## Problem description
Only one span of the listing below should come back. It runs from the line with "type = its;" through the line with "taxes = refl;", and each of its lines must be reproduced exactly.
# # # # # # #
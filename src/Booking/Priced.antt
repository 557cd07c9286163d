-- ===== src/Booking/Priced.antt =====
-- What a quote is made of.
use lodgiva.Common.{
  ◌+◌, ◌≤◌, ◌<◌, some, List, [], ◌∷◌, map, ◌≡◌, refl, sym, subst, arith, ◌==◌, find, filter, length,
  inl, inr, Option-cases, count,
}
use lodgiva.Money.{nights_between}
use lodgiva.Store.{Key, IsoDate, Db, ok, Result-cases}
use lodgiva.Tax.{compute}
use lodgiva.Inventory.{
  NightAvailability, availability_of, availability_by_night, availability_row, is_sellable,
  night_of, is_taken, set_of, capacity_for_night, taken_slots,
}
use lodgiva.Restrictions.{RestrictionViolation, evaluate_restrictions}
use lodgiva.Booking.Quotes.{
  StayQuery, QuoteResult, is_plan, rules_input, refuse, night_rate, sum_rates, quote_tax_input,
  quoted_tax, fewest, price_stay, assert_range,
}

-- The price of a stay, and why it may be sold.
pub record Priced (input : StayQuery) (db : Db) (q : QuoteResult) : Type 0 where
  pub plan : find (is_plan input) db.rate_plans ≡ some q.rate_plan
  pub type : find (λ t. t.id == q.rate_plan.room_type_id) db.room_types ≡ some q.room_type
  pub fits : input.adults + input.children ≤ q.room_type.max_occupancy
  pub allowed : evaluate_restrictions (rules_input input q.rate_plan db.restrictions) ≡ []
  pub nightly :
      q.nights
      ≡ map
          (night_rate q.rate_plan.id q.room_type db.daily_rates)
          (nights_between input.arrival_date input.departure_date)
  pub base : q.base_minor ≡ sum_rates q.nights
  pub total : q.total_minor ≡ (compute db.tax_rules (quote_tax_input input q.base_minor)).total
  pub taxes :
      q.taxes ≡ map quoted_tax (compute db.tax_rules (quote_tax_input input q.base_minor)).lines
  pub left : List NightAvailability
  pub counted :
      availability_of input.tenant_id q.rate_plan.room_type_id
        (nights_between input.arrival_date input.departure_date)
        db
      ≡ ok (left, db)
  pub available : q.available_rooms ≡ fewest left

-- A date range of at most 60 nights.
pub assert_range-Range :
    (arrival departure : IsoDate) (db mid : Db) (u : Unit {0})
    → assert_range arrival departure db ≡ ok (u, mid)
    → (arrival < departure) × (length (nights_between arrival departure) ≤ 60) × (mid ≡ db)
unfolding assert_range
assert_range-Range arrival departure db mid u h = (ground arith, ground arith, ground arith)

availability_of-eq :
    (tenant_id room_type_id : Key) (dates : List IsoDate) (db : Db)
    → (ns : List NightAvailability) × (availability_of tenant_id room_type_id dates db
        ≡ ok (ns, db))
unfolding availability_of capacity_for_night taken_slots
availability_of-eq tenant_id room_type_id [] db = ([], refl)
availability_of-eq tenant_id room_type_id (d ∷ ds) db =
    let (ns, ran) = availability_of-eq tenant_id room_type_id ds db in
    (
      availability_row d
            (count (is_sellable (night_of tenant_id room_type_id d) db.blocks) db.rooms)
            (length (
              set_of (
                map (λ a. a.slot_index)
                  (filter (is_taken db.now db.holds (night_of tenant_id room_type_id d))
                    db.allocations))))
          ∷ ns,
      ground (arith, ran),
    )

refuse-nil :
    (vs : List RestrictionViolation) (db mid : Db) (u : Unit {0})
    → refuse vs db ≡ ok (u, mid)
    → (vs ≡ []) × (mid ≡ db)
refuse-nil [] db mid u h = (refl, ground arith)
refuse-nil (v ∷ vs) db mid u h = absurd (ground arith)

-- A price is worked out without a write.
pub price_stay-Priced :
    (input : StayQuery) (db : Db) (q : QuoteResult) (db' : Db)
    → price_stay input db ≡ ok (q, db')
    → Priced input db q × (db' ≡ db)
unfolding price_stay availability_by_night
price_stay-Priced input db q db' h = elim (Option-cases (find (is_plan input) db.rate_plans)) [
  | inl missing ↦ absurd (ground arith)
  | inr (plan, found) ↦ elim (Option-cases (find (λ t. t.id == plan.room_type_id) db.room_types)) [
    | inl missing ↦ absurd (ground arith)
    | inr (type, its) ↦
        let rules = rules_input input plan db.restrictions in
        elim (Result-cases (refuse (evaluate_restrictions rules) db)) [
          | inr (e, failed) ↦ absurd (ground arith)
          | inl ((u, mid), passed) ↦
              let (clear, same) = refuse-nil (evaluate_restrictions rules) db mid u passed in
              let (ns, ran) =
                availability_of-eq input.tenant_id plan.room_type_id
                  (nights_between input.arrival_date input.departure_date) db in
              let breakdown =
                map (night_rate plan.id type db.daily_rates)
                  (nights_between input.arrival_date input.departure_date) in
              let computed = compute db.tax_rules (quote_tax_input input (sum_rates breakdown)) in
              let expected : QuoteResult = record {
                rate_plan = plan;
                room_type = type;
                nights = breakdown;
                base_minor = sum_rates breakdown;
                taxes = map quoted_tax computed.lines;
                total_minor = computed.total;
                available_rooms = fewest ns;
              } in
              let fits : input.adults + input.children ≤ type.max_occupancy =
                ground (arith, found, its) in
              let facts : (q ≡ expected) × (db' ≡ db) =
                ground (arith, found, its, passed, same, ran) in
              (
                subst (λ q. Priced input db q) (sym facts.0)
                    (record {
                      plan = found;
                      type = its;
                      fits = fits;
                      allowed = clear;
                      nightly = refl;
                      base = refl;
                      total = refl;
                      taxes = refl;
                      left = ns;
                      counted = ran;
                      available = refl;
                    }),
                facts.1,
              )
        ]
  ]
]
# # # # # # #
## Problem solution
                      type = its;
                      fits = fits;
                      allowed = clear;
                      nightly = refl;
                      base = refl;
                      total = refl;
                      taxes = refl;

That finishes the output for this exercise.